Watch Iran’s ‘Sham Election’ To See Who’s Rising Within the Regime

‘The regime is picking winners, and Iranians are on to this schtick,’ one observer tells the Sun. Dissidents at home and abroad are urging a boycott, hoping past records for low turnout will be eclipsed on Friday.

Office of the Iranian Supreme Leader via AP
Ayatollah Ali Khamenei at Tehran, Iran, October 19, 2022. Office of the Iranian Supreme Leader via AP

Friday’s elections across Iran are widely seen as an exercise in regime hand-picking rather than a showcase of the Islamic Republic’s representative democracy, as voters are widely expected to shun polling places. Even so, the exercise can be useful in indicating whose stars are rising inside the regime and who has fallen out of favor. 

Top regime officials are urging Iranians to show support for the country’s political process. Voters are being called upon to pick representatives for 290 seats in the Tehran parliament, the Majlis, as well as members of the Assembly of Experts. Yet dissidents at home and abroad are urging a boycott of the “sham election,” where real choice is extremely limited. 

“According to one internal poll, between 20 and 25 percent of eligible voters will actually vote,” an Iran watcher at Tel Aviv University’s Institute for National Security Studies, Beni Sabti, tells the Sun. “Even if they fudge the numbers upwards, they can’t lie too much. The regime is picking winners, and Iranians are on to this schtick.”

Iranians at home and abroad, therefore, are urging a boycott, hoping past records for low turnout will be eclipsed on Friday. 

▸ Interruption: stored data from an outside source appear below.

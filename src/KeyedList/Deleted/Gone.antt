-- ===== src/KeyedList/Deleted/Gone.antt =====
-- TclX_KeyedListGet after TclX_KeyedListDelete of the same keypath.
use tclx.Base.{
  ℕ, zero, suc, ◌≡◌, ◌≢◌, refl, sym, ap, ◌∙◌, false, Option, none, some, Text, inl, inr, ltb,
  length, arith, Bool-cases, Option-cases,
}
use tclx.Tcl.{HashApi, ListApi}
use tclx.KeyedList.{
  Obj, plain, keyl, Entries, nil, cons, entry_at, remove_at, KeylInt, of_int, find_index,
  delete_entry, value_at, ok, break, convert, split_key, get_at, get_loop, keyed_list_get,
  keyed_list_delete, delete_at, delete_loop, drop_empty, dup_shared_child,
}
use tclx.KeyedList.Index.{
  HashOk, entry_at-remove_at, find_index-some, delete_entry-some, delete_entry-HashOk,
}
use tclx.KeyedList.Sound.{
  IsSound, RepSound, >>=-eq-ok, convert-RepSound, entry_at-IsSound, value_at-eq-ok,
}
use tclx.KeyedList.Deleted.{put_below}
use tclx.KeyedList.Frame.{Rec, get_at-none}

module _ {T : Type 0} where
  -- No key stands twice.
  abbrev pub Distinct : Entries T → Type 0
  Distinct es =
      (i j : ℕ) (k : Text) (v w : Obj T)
      → entry_at es i ≡ some (k, v)
      → entry_at es j ≡ some (k, w)
      → i ≡ j

module _ (H : HashApi) (L : ListApi) where
  -- At each level of the keypath the object converts and no key stands twice.
  pub data DistinctAlong : Obj H.Table → Text → Type 0 where
    level :
        {obj : Obj H.Table} {key : Text} (r : KeylInt H L)
        → convert H L obj ≡ ok r
        → Distinct r.entries
        → ((i : ℕ) (v : Obj H.Table) (sub : Text)
            → (split_key key).1 ≡ some sub
            → find_index H L r (split_key key).0 ≡ some i
            → value_at H L r i ≡ ok v
            → DistinctAlong v sub)
        → DistinctAlong obj key

  removed-gone :
      (es : Entries H.Table) (i m : ℕ) (k : Text) {v w : Obj H.Table}
      → Distinct es
      → entry_at es i ≡ some (k, v)
      → entry_at (remove_at es i) m ≢ some (k, w)
  removed-gone es i m k {v} {w} distinct at e =
      let moved = entry_at-remove_at es i m in
      elim (Bool-cases (ltb m i)) [
        | inl before ↦ let same = distinct i m k v w at (ground (arith, moved, e)) in ground arith
        | inr behind ↦
            let same = distinct i (suc m) k v w at (ground (arith, moved, e)) in ground arith
      ]

  find_index-gone :
      (r : KeylInt H L) (i : ℕ) (k : Text) {v : Obj H.Table}
      → HashOk H L r
      → Distinct r.entries
      → entry_at r.entries i ≡ some (k, v)
      → find_index H L (delete_entry H L r i) k ≡ none
  find_index-gone r i k hok distinct at =
      elim (Option-cases (find_index H L (delete_entry H L r i) k)) [
        | inl miss ↦ miss
        | inr (m, found) ↦
            let (w, there) =
              find_index-some H L (delete_entry H L r i) k (delete_entry-HashOk H L r i hok at)
                found in
            let left =
              ap (λ (p : KeylInt H L). entry_at p.entries m) (delete_entry-some H L r i at) in
            absurd (removed-gone r.entries i m k distinct at (sym left ∙ there))
      ]

  gone_here :
      (get : Rec H L) (r : KeylInt H L) (i : ℕ) (k : Text) (next : Option Text) {v : Obj H.Table}
      → HashOk H L r
      → Distinct r.entries
      → entry_at r.entries i ≡ some (k, v)
      → get_at H L get (delete_entry H L r i) next (find_index H L (delete_entry H L r i) k) ≡ break
  gone_here get r i k next hok distinct at =
      ap (get_at H L get (delete_entry H L r i) next) (find_index-gone r i k hok distinct at)
      ∙ get_at-none H L get (delete_entry H L r i) next

  gone_below :
      (get : Rec H L) (r : KeylInt H L) (i : ℕ) (c : Obj H.Table) (k s : Text)
      → HashOk H L r
      → Distinct r.entries
      → find_index H L r k ≡ some i
      → get c s ≡ break
      → get_at H L get (drop_empty H L r i c) (some s) (find_index H L (drop_empty H L r i c) k)
        ≡ break
  unfolding drop_empty
  gone_below get r i (plain t) k s hok distinct e gets =
      put_below H L get s r i (plain t) k hok e gets
  gone_below get r i (keyl n h nil) k s hok distinct e gets =
      let (v, at) = find_index-some H L r k hok e in gone_here get r i k (some s) hok distinct at
  gone_below get r i (keyl n h (cons l w es)) k s hok distinct e gets =
      put_below H L get s r i (keyl n h (cons l w es)) k hok e gets

  gone_level :
      (delete get : Rec H L) (r : KeylInt H L) (k : Text) (next : Option Text) (found : Option ℕ)
      {o' : Obj H.Table}
      → ((i : ℕ) (v c : Obj H.Table) (s : Text)
          → next ≡ some s
          → found ≡ some i
          → value_at H L r i ≡ ok v
          → IsSound H L v
          → delete v s ≡ ok c
          → get c s ≡ break)
      → RepSound H L r
      → Distinct r.entries
      → find_index H L r k ≡ found
      → delete_at H L delete false r next found ≡ ok o'
      → (r' : KeylInt H L) × (o' ≡ of_int H L r')
        × (get_at H L get r' next (find_index H L r' k) ≡ break)
  unfolding delete_at dup_shared_child
  gone_level delete get r k none none ih sound distinct e q = cc
  gone_level delete get r k (some s) none ih sound distinct e q = cc
  gone_level delete get r k none (some i) ih sound distinct e q =
      let (v, at) = find_index-some H L r k sound.0 e in
      (delete_entry H L r i, cc, gone_here get r i k none sound.0 distinct at)
  gone_level delete get r k (some s) (some i) ih sound distinct e q =
      let (v, got, q₁) = >>=-eq-ok H L (value_at H L r i) _ q in
      let (k', at) = value_at-eq-ok H L r i got in
      let (c, deletes, q₂) = >>=-eq-ok H L (delete v s) _ q₁ in
      let below = ih i v c s refl refl got (entry_at-IsSound H L r.entries i sound.1 at) deletes in
      (drop_empty H L r i c, cc, gone_below get r i c k s sound.0 distinct e below)

  get_loop-delete_loop :
      (f : ℕ) (obj o' : Obj H.Table) (key : Text)
      → IsSound H L obj
      → DistinctAlong obj key
      → delete_loop H L f (λ _. false) obj key ≡ ok o'
      → get_loop H L f o' key ≡ break
  unfolding get_loop delete_loop convert
  get_loop-delete_loop zero obj o' key s d q = cc
  get_loop-delete_loop (suc f) obj o' key s (level r conv distinct along) q =
      let (r', e, gone) =
        gone_level (delete_loop H L f (λ _. false)) (get_loop H L f) r (split_key key).0
          (split_key key).1 (find_index H L r (split_key key).0)
          (λ i v c sub next finds at so deletes.
            get_loop-delete_loop f v c sub so (along i v sub next finds at) deletes)
          (convert-RepSound H L obj s conv) distinct refl (rw conv at q) in
      ap (λ o. get_loop H L (suc f) o key) e ∙ gone

  -- When TclX_KeyedListDelete succeeds on a sound keyed list in which no child is shared and in
  -- which no key stands twice along the keypath, TclX_KeyedListGet then finds nothing under the
  -- keypath.
  pub keyed_list_get-delete :
      (obj : Obj H.Table) (key : Text) {o' : Obj H.Table}
      → IsSound H L obj
      → DistinctAlong obj key
      → keyed_list_delete H L (λ _. false) obj key ≡ ok o'
      → keyed_list_get H L o' key ≡ break
  unfolding keyed_list_delete keyed_list_get
  keyed_list_get-delete obj key {o'} s d q =
      get_loop-delete_loop (suc (length key)) obj o' key s d q
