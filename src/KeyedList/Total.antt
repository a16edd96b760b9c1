-- ===== src/KeyedList/Total.antt =====
-- TclX_KeyedListSet succeeds wherever TclX_KeyedListGet has no error.
use tclx.Base.{
  ℕ, zero, suc, ◌≡◌, ◌<◌, ◌⊎◌, inl, inr, refl, sym, subst, false, Option, none, some, List, [], ◌∷◌,
  Text, length, arith,
}
use tclx.Tcl.{HashApi, ListApi}
use tclx.KeyedList.{
  Obj, plain, keyl, Entries, nil, append_entry, num_entries, KeylInt, of_int, find_index,
  start_index, linear_find, store_entry, put_value, add_entry, value_at, Status, KeyError, ok,
  break, error, no_fuel, ◌>>=◌, convert, validate_key, parse_entry, set_entries,
  set_keyed_list_from_any, split_key, set_at, set_loop, get_at, get_loop, keyed_list_get,
  keyed_list_set, new_keyed_list, dup_shared_child,
}
use tclx.KeyedList.Index.{find_index-some}
use tclx.KeyedList.Sound.{
  IsSound, RepSound, convert-RepSound, entry_at-IsSound, new_keyed_list-IsSound,
}
use tclx.KeyedList.Lookup.{value_at-entry}
use tclx.KeyedList.Paths.{split_key-length, keyed_list_get-set}

-- TCL_OK or TCL_BREAK.
abbrev pub IsClear {ℓ} : {A : Type ℓ} → Status A → Type 0
IsClear (ok a) = Unit {0}
IsClear break = Unit {0}
IsClear (error what) = ⊥
IsClear no_fuel = ⊥

-- TCL_OK or TCL_ERROR.
abbrev Answers {ℓ} : {A : Type ℓ} → Status A → Type 0
Answers (ok a) = Unit {0}
Answers break = ⊥
Answers (error what) = Unit {0}
Answers no_fuel = ⊥

Answers-cases {ℓ} :
    {A : Type ℓ} (m : Status A)
    → Answers m
    → ((a : A) × (m ≡ ok a)) ⊎ ((what : KeyError) × (m ≡ error what))
Answers-cases (ok a) h = inl (a, refl)
Answers-cases (error what) h = inr (what, refl)
Answers-cases break h = elim h [ ]
Answers-cases no_fuel h = elim h [ ]

>>=-Answers {ℓ κ} :
    {A : Type ℓ} {B : Type κ} (m : Status A) (f : A → Status B)
    → Answers m
    → ((a : A) → Answers (f a))
    → Answers (m >>= f)
>>=-Answers (ok a) f h rest = rest a
>>=-Answers (error what) f h rest = tt
>>=-Answers break f h rest = elim h [ ]
>>=-Answers no_fuel f h rest = elim h [ ]

validate_key-Answers : (k : Text) → Answers (validate_key k)
unfolding validate_key
validate_key-Answers k = ground arith

module _ (H : HashApi) (L : ListApi) where
  parse_entry-Answers : (o : Option (List Text)) → Answers (parse_entry H L o)
  unfolding parse_entry
  parse_entry-Answers none = tt
  parse_entry-Answers (some []) = tt
  parse_entry-Answers (some (k ∷ [])) = tt
  parse_entry-Answers (some (k ∷ v ∷ w ∷ r)) = tt
  parse_entry-Answers (some (k ∷ v ∷ [])) =
      >>=-Answers (validate_key k) _ (validate_key-Answers k) λ u. ground arith

  set_entries-Answers :
      (elems : List Text) (es : Entries H.Table) (t : H.Table)
      → Answers (set_entries H L elems es t)
  unfolding set_entries
  set_entries-Answers [] es t = tt
  set_entries-Answers (e ∷ elems) es t =
      >>=-Answers (parse_entry H L (L.elements e)) _ (parse_entry-Answers (L.elements e)) λ kv.
        set_entries-Answers elems (append_entry es kv.0 (plain kv.1))
          (H.set kv.0 (num_entries es) t)

  from_any-Answers : (o : Option (List Text)) → Answers (set_keyed_list_from_any H L o)
  unfolding set_keyed_list_from_any
  from_any-Answers none = tt
  from_any-Answers (some elems) =
      >>=-Answers (set_entries H L elems nil H.empty) _ (set_entries-Answers elems nil H.empty)
        λ a. tt

  convert-Answers : (obj : Obj H.Table) → Answers (convert H L obj)
  unfolding convert
  convert-Answers (plain s) = from_any-Answers (L.elements s)
  convert-Answers (keyl n t es) = tt

  -- In a new keyed list nothing is found.
  get_loop-new : (f : ℕ) (key : Text) → get_loop H L (suc f) (new_keyed_list H L) key ≡ break
  unfolding get_loop new_keyed_list convert get_at find_index start_index linear_find num_entries
  get_loop-new f key = rw (H.find-empty (split_key key).0)

  module _ (value : Obj H.Table) where
    abbrev Sets : ℕ → Obj H.Table → Text → Type 0
    Sets f obj key = (o' : Obj H.Table) × (set_loop H L f (λ i. false) value obj key ≡ ok o')

    set_at-Sets :
        (f : ℕ) (r : KeylInt H L) (k : Text) (next : Option Text) (found : Option ℕ)
        → RepSound H L r
        → find_index H L r k ≡ found
        → ((sub : Text) → next ≡ some sub → length sub < f)
        → ((sub : Text) (o : Obj H.Table)
            → length sub < f
            → IsSound H L o
            → IsClear (get_loop H L f o sub)
            → Sets f o sub)
        → IsClear (get_at H L (get_loop H L f) r next found)
        → (o' : Obj H.Table) × (set_at H L
              (set_loop H L f (λ i. false) value)
              false
              r
              k
              value
              next
              found
            ≡ ok o')
    unfolding set_at get_at dup_shared_child
    set_at-Sets f r k none found s e short rec clear =
        (of_int H L (store_entry H L r found k value), refl)
    set_at-Sets f r k (some sub) (some i) s e short rec clear =
        let (v, at) = find_index-some H L r k s.0 e in
        let got : value_at H L r i ≡ ok v = value_at-entry H L r i at in
        let (child, sets) =
          rec sub v (short sub refl) (entry_at-IsSound H L r.entries i s.1 at) (rw got at clear) in
        (of_int H L (put_value H L r i child), rw (got, sets))
    set_at-Sets zero r k (some sub) none s e short rec clear =
        absurd (omega (arith, short sub refl))
    set_at-Sets (suc f) r k (some sub) none s e short rec clear =
        let (child, sets) =
          rec sub (new_keyed_list H L) (short sub refl) (new_keyed_list-IsSound H L)
            (subst IsClear (sym (get_loop-new f sub)) tt) in
        (of_int H L (add_entry H L r k child), rw sets)

    set_loop-Sets :
        (f : ℕ) (obj : Obj H.Table) (key : Text)
        → length key < f
        → IsSound H L obj
        → IsClear (get_loop H L f obj key)
        → Sets f obj key
    unfolding set_loop get_loop
    set_loop-Sets zero obj key h s clear = absurd (omega arith)
    set_loop-Sets (suc f) obj key h s clear =
        elim (Answers-cases (convert H L obj) (convert-Answers obj)) [
          | inl (r, conv) ↦
              let (o', sets) =
                set_at-Sets f r (split_key key).0 (split_key key).1
                  (find_index H L r (split_key key).0) (convert-RepSound H L obj s conv) refl
                  (λ sub q. omega (arith, split_key-length key sub q))
                  (λ sub o short sound. set_loop-Sets f o sub short sound) (rw conv at clear) in
              (o', rw conv sets)
          | inr (what, conv) ↦ absurd (rw conv at clear)
        ]

  -- On a sound keyed list in which no child is shared, wherever TclX_KeyedListGet finds the
  -- keypath or breaks without an error, TclX_KeyedListSet succeeds, and the value set is what
  -- TclX_KeyedListGet then gets.
  pub keyed_list_set-IsClear :
      (obj value : Obj H.Table) (key : Text)
      → IsSound H L obj
      → IsClear (keyed_list_get H L obj key)
      → (o' : Obj H.Table) × (keyed_list_set H L (λ i. false) obj key value ≡ ok o')
        × (keyed_list_get H L o' key ≡ ok value)
  unfolding keyed_list_set keyed_list_get
  keyed_list_set-IsClear obj value key s clear =
      let (o', sets) = set_loop-Sets value (suc (length key)) obj key (omega arith) s clear in
      (o', sets, keyed_list_get-set H L (λ i. false) obj value key s sets)
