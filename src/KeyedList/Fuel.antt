-- ===== src/KeyedList/Fuel.antt =====
-- The fuel that the keypath operations are given is enough.
use tclx.Base.{
  ℕ, zero, suc, ◌≡◌, ◌<◌, refl, Bool, true, false, Option, none, some, List, [], ◌∷◌, Text, ◌==◌,
  if◌then◌else◌, length, has, arith,
}
use tclx.Tcl.{HashApi, ListApi}
use tclx.KeyedList.{
  Obj, plain, keyl, Entries, nil, num_entries, entry_at, append_entry, KeylInt, find_index,
  value_at, value_of, Status, ok, break, error, no_fuel, ◌>>=◌, convert, validate_key, parse_entry,
  set_entries, set_keyed_list_from_any, split_key, dot, set_at, set_loop, get_at, get_loop,
  delete_at, delete_loop, keys_at, keys_loop, keyed_list_get, keyed_list_set, keyed_list_delete,
  keyed_list_get_keys, dup_shared_child, new_keyed_list, binary_key, empty_key, dotted_key,
}
use tclx.KeyedList.Paths.{split_key-length}

-- A result that does not stem from fuel that ran out.
abbrev pub Ends {ℓ} : {A : Type ℓ} → Status A → Type 0
Ends (ok a) = Unit {0}
Ends break = Unit {0}
Ends (error e) = Unit {0}
Ends no_fuel = ⊥

abbrev key_length : Option Text → ℕ
key_length none = 0
key_length (some s) = length s

>>=-Ends {ℓ κ} :
    {A : Type ℓ} {B : Type κ} (m : Status A) (f : A → Status B)
    → Ends m
    → ((a : A) → m ≡ ok a → Ends (f a))
    → Ends (m >>= f)
>>=-Ends (ok a) f h k = k a refl
>>=-Ends break f h k = tt
>>=-Ends (error e) f h k = tt
>>=-Ends no_fuel f h k = h

module _ (H : HashApi) (L : ListApi) where
  validate_key-Ends : (k : Text) → Ends (validate_key k)
  unfolding validate_key
  validate_key-Ends k = go (has 0 k) (length k == 0)
    where
      go :
          (a b : Bool)
          → Ends {A = Unit {0}}
              (if a then error binary_key else if b then error empty_key else ok tt)
      go true b = tt
      go false true = tt
      go false false = tt

  parse_entry-Ends : (o : Option (List Text)) → Ends (parse_entry H L o)
  unfolding parse_entry
  parse_entry-Ends none = tt
  parse_entry-Ends (some []) = tt
  parse_entry-Ends (some (k ∷ [])) = tt
  parse_entry-Ends (some (k ∷ v ∷ [])) =
      >>=-Ends (validate_key k) _ (validate_key-Ends k) λ a e. go (has dot k)
    where
      go : (a : Bool) → Ends {A = Text × Text} (if a then error dotted_key else ok (k, v))
      go true = tt
      go false = tt
  parse_entry-Ends (some (k ∷ v ∷ w ∷ r)) = tt

  set_entries-Ends :
      (elems : List Text) (es : Entries H.Table) (t : H.Table) → Ends (set_entries H L elems es t)
  unfolding set_entries
  set_entries-Ends [] es t = tt
  set_entries-Ends (e ∷ elems) es t =
      >>=-Ends (parse_entry H L (L.elements e)) _ (parse_entry-Ends (L.elements e)) λ kv p.
        set_entries-Ends elems (append_entry es kv.0 (plain kv.1)) (H.set kv.0 (num_entries es) t)

  convert-Ends : (obj : Obj H.Table) → Ends (convert H L obj)
  unfolding convert
  convert-Ends (plain s) = go (L.elements s)
    where
      go : (o : Option (List Text)) → Ends (set_keyed_list_from_any H L o)
      go none = tt
      go (some elems) =
          >>=-Ends (set_entries H L elems nil H.empty) _ (set_entries-Ends elems nil H.empty)
            λ a e. tt
  convert-Ends (keyl n h es) = tt

  value_at-Ends : (r : KeylInt H L) (i : ℕ) → Ends (value_at H L r i)
  unfolding value_at
  value_at-Ends r i = go (entry_at r.entries i)
    where
      go : (o : Option (Text × Obj H.Table)) → Ends (value_of H L o)
      go none = tt
      go (some e) = tt

  get_loop-Ends :
      (f : ℕ) (obj : Obj H.Table) (key : Text) → length key < f → Ends (get_loop H L f obj key)
  unfolding get_loop
  get_loop-Ends zero obj key h = absurd (omega arith)
  get_loop-Ends (suc f) obj key h = >>=-Ends (convert H L obj) _ (convert-Ends obj) λ r e.
      go r (split_key key).1 (find_index H L r (split_key key).0) (λ s q. split_key-length key s q)
        (λ o s l. get_loop-Ends f o s (omega arith))
    where
      go :
          (r : KeylInt H L) (next : Option Text) (found : Option ℕ)
          → ((s : Text) → next ≡ some s → length s < length key)
          → ((o : Obj H.Table) (s : Text) → length s < length key → Ends (get_loop H L f o s))
          → Ends (get_at H L (get_loop H L f) r next found)
      go r none none short rec = tt
      go r (some s) none short rec = tt
      go r none (some i) short rec = value_at-Ends r i
      go r (some s) (some i) short rec =
          >>=-Ends (value_at H L r i) _ (value_at-Ends r i) λ v e. rec v s (short s refl)

  set_loop-Ends :
      (f : ℕ) (shared : ℕ → Bool) (value obj : Obj H.Table) (key : Text)
      → length key < f
      → Ends (set_loop H L f shared value obj key)
  unfolding set_loop
  set_loop-Ends zero shared value obj key h = absurd (omega arith)
  set_loop-Ends (suc f) shared value obj key h =
      >>=-Ends (convert H L obj) _ (convert-Ends obj) λ r e.
        go r (split_key key).1 (find_index H L r (split_key key).0)
          (λ s q. split_key-length key s q)
          (λ o s l. set_loop-Ends f shared value o s (omega arith))
    where
      go :
          (r : KeylInt H L) (next : Option Text) (found : Option ℕ)
          → ((s : Text) → next ≡ some s → length s < length key)
          → ((o : Obj H.Table) (s : Text)
              → length s < length key
              → Ends (set_loop H L f shared value o s))
          → Ends (
              set_at H L
                (set_loop H L f shared value)
                (shared f)
                r
                (split_key key).0
                value
                next
                found)
      go r none found short rec = tt
      go r (some s) none short rec =
          >>=-Ends (set_loop H L f shared value (new_keyed_list H L) s) _
            (rec (new_keyed_list H L) s (short s refl)) λ c e. tt
      go r (some s) (some i) short rec = >>=-Ends (value_at H L r i) _ (value_at-Ends r i) λ v e.
          >>=-Ends (set_loop H L f shared value (dup_shared_child (shared f) v) s) _
            (rec (dup_shared_child (shared f) v) s (short s refl)) λ c e'. tt

  delete_loop-Ends :
      (f : ℕ) (shared : ℕ → Bool) (obj : Obj H.Table) (key : Text)
      → length key < f
      → Ends (delete_loop H L f shared obj key)
  unfolding delete_loop
  delete_loop-Ends zero shared obj key h = absurd (omega arith)
  delete_loop-Ends (suc f) shared obj key h = >>=-Ends (convert H L obj) _ (convert-Ends obj) λ r e.
      go r (split_key key).1 (find_index H L r (split_key key).0) (λ s q. split_key-length key s q)
        (λ o s l. delete_loop-Ends f shared o s (omega arith))
    where
      go :
          (r : KeylInt H L) (next : Option Text) (found : Option ℕ)
          → ((s : Text) → next ≡ some s → length s < length key)
          → ((o : Obj H.Table) (s : Text)
              → length s < length key
              → Ends (delete_loop H L f shared o s))
          → Ends (delete_at H L (delete_loop H L f shared) (shared f) r next found)
      go r none none short rec = tt
      go r (some s) none short rec = tt
      go r none (some i) short rec = tt
      go r (some s) (some i) short rec = >>=-Ends (value_at H L r i) _ (value_at-Ends r i) λ v e.
          >>=-Ends (delete_loop H L f shared (dup_shared_child (shared f) v) s) _
            (rec (dup_shared_child (shared f) v) s (short s refl)) λ c e'. tt

  keys_loop-Ends :
      (f : ℕ) (obj : Obj H.Table) (key : Option Text)
      → key_length key < f
      → Ends (keys_loop H L f obj key)
  unfolding keys_loop
  keys_loop-Ends zero obj key h = absurd (omega arith)
  keys_loop-Ends (suc f) obj none h = >>=-Ends (convert H L obj) _ (convert-Ends obj) λ r e. tt
  keys_loop-Ends (suc f) obj (some []) h = >>=-Ends (convert H L obj) _ (convert-Ends obj) λ r e. tt
  keys_loop-Ends (suc f) obj (some (c ∷ s)) h =
      >>=-Ends (convert H L obj) _ (convert-Ends obj) λ r e.
        go r (split_key (c ∷ s)).1 (find_index H L r (split_key (c ∷ s)).0)
          (λ t q. split_key-length (c ∷ s) t q) (λ o t l. keys_loop-Ends f o t (omega arith))
    where
      go :
          (r : KeylInt H L) (next : Option Text) (found : Option ℕ)
          → ((t : Text) → next ≡ some t → length t < length (c ∷ s))
          → ((o : Obj H.Table) (t : Option Text)
              → key_length t < length (c ∷ s)
              → Ends (keys_loop H L f o t))
          → Ends (keys_at H L (keys_loop H L f) r next found)
      go r next none short rec = tt
      go r none (some i) short rec =
          >>=-Ends (value_at H L r i) _ (value_at-Ends r i) λ v e. rec v none (omega arith)
      go r (some t) (some i) short rec =
          >>=-Ends (value_at H L r i) _ (value_at-Ends r i) λ v e. rec v (some t) (short t refl)

  -- Get, set, delete and keys on a keypath, on fuel one above its length, each end with a value,
  -- a break or an error on every object.
  pub keyed_list-Ends :
      (shared : ℕ → Bool) (obj value : Obj H.Table) (key : Text)
      → Ends (keyed_list_get H L obj key)
        × Ends (keyed_list_set H L shared obj key value)
        × Ends (keyed_list_delete H L shared obj key)
        × Ends (keyed_list_get_keys H L obj (some key))
  unfolding keyed_list_get keyed_list_set keyed_list_delete keyed_list_get_keys
  keyed_list-Ends shared obj value key = (
    get_loop-Ends (suc (length key)) obj key (omega arith),
    set_loop-Ends (suc (length key)) shared value obj key (omega arith),
    delete_loop-Ends (suc (length key)) shared obj key (omega arith),
    keys_loop-Ends (suc (length key)) obj (some key) (omega arith),
  )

“I, alongside the informed and proud people from all over Iran” will “stand to declare the illegitimacy of the Islamic Republic and the divide within the oppressive regime and its people through the sanctioning of sham elections,” the October 2023 Nobel peace laureate, Narges Mohammadi, writes from the notorious Evin prison. 

Several regime organs that are largely controlled by Supreme Leader Ali Khamenei are authorized to disqualify candidates who may dissent from the party line, or who are no longer trusted by the powers that be. Earlier this year the Guardian Council, a group of 12 jurists, half of whom are hand-picked by Mr. Khamanei, nixed the candidacy of a former president, Hassan Rouhani, to join the Assembly of Experts.

The most important role of that group of regime loyalists is to handpick the next supreme leader. Its 88 members, known as Mujtahids, are elected to serve a term of eight years. In that time span Mr. Khamenei, who will turn 85 in April and is reported to be in bad health, is likely to leave the stage. 

“Rouhani’s disqualification is important,” the policy director at United Against Nuclear Iran, Jason Brodsky, tells the Sun. “It shows that Khamanei does not take chances by installing people he doesn’t trust” in the Assembly of Experts. “He wants his legacy to be preserved” by ensuring that the next top ayatollah would continue his policies.   

The election for the Majlis is less significant than for the Assembly of Experts. The parliament  no longer has any say on directing policy. The group’s members “are all yes-men, and the little criticism that the regime allowed in the past no longer exists,” Mr. Sabti says.

Mr. Khamenei and other regime officials, nevertheless, are urging Iranians to go out and vote. If nothing else, they say, it will defy “the arrogance,” a term used by the ayatollahs to describe America, Israel, and the West. Mr. Khamenei often accuses these powers of suppressing voter turnout in the country.

As dissent grows in Iran, especially since the September 2022 death of Mahsa Amini at the hands of regime enforcers, boycotting elections has become a popular form of resistance. The ayatollahs insist that the growing protest movement is a creature of outside enemies, which is widely expected to be their explanation Friday if the elections see a new low turnout record. 

“When America opposes the Islamic Republic system, it actually opposes the elections,” Mr. Khamenei said recently. “They don’t say it explicitly, but they try to keep people away from the elections, discourage them, and disappoint them in various ways.”

Everyone should get out and vote to prove “the existence of political vitality in the country,” the Islamic Revolutionary Guard Corps commander, Major General Hossein Salami, added.

Yet, Mr. Khamenei and his top enforcers at the IRGC and other regime oppressors are the main reason Iranians are likely to largely shun the vote. “This is not an election, it’s a selection,” Mr. Brodsky says.

Mr. Khamenei, he adds, “completely gutted the elements of the system that regime proponents considered to be republican.” The ayatollahs are calling on people to vote in an election that means nothing so they can pretend that the Islamic Republic is a democracy, he says: “They want to have their cake and eat it too.”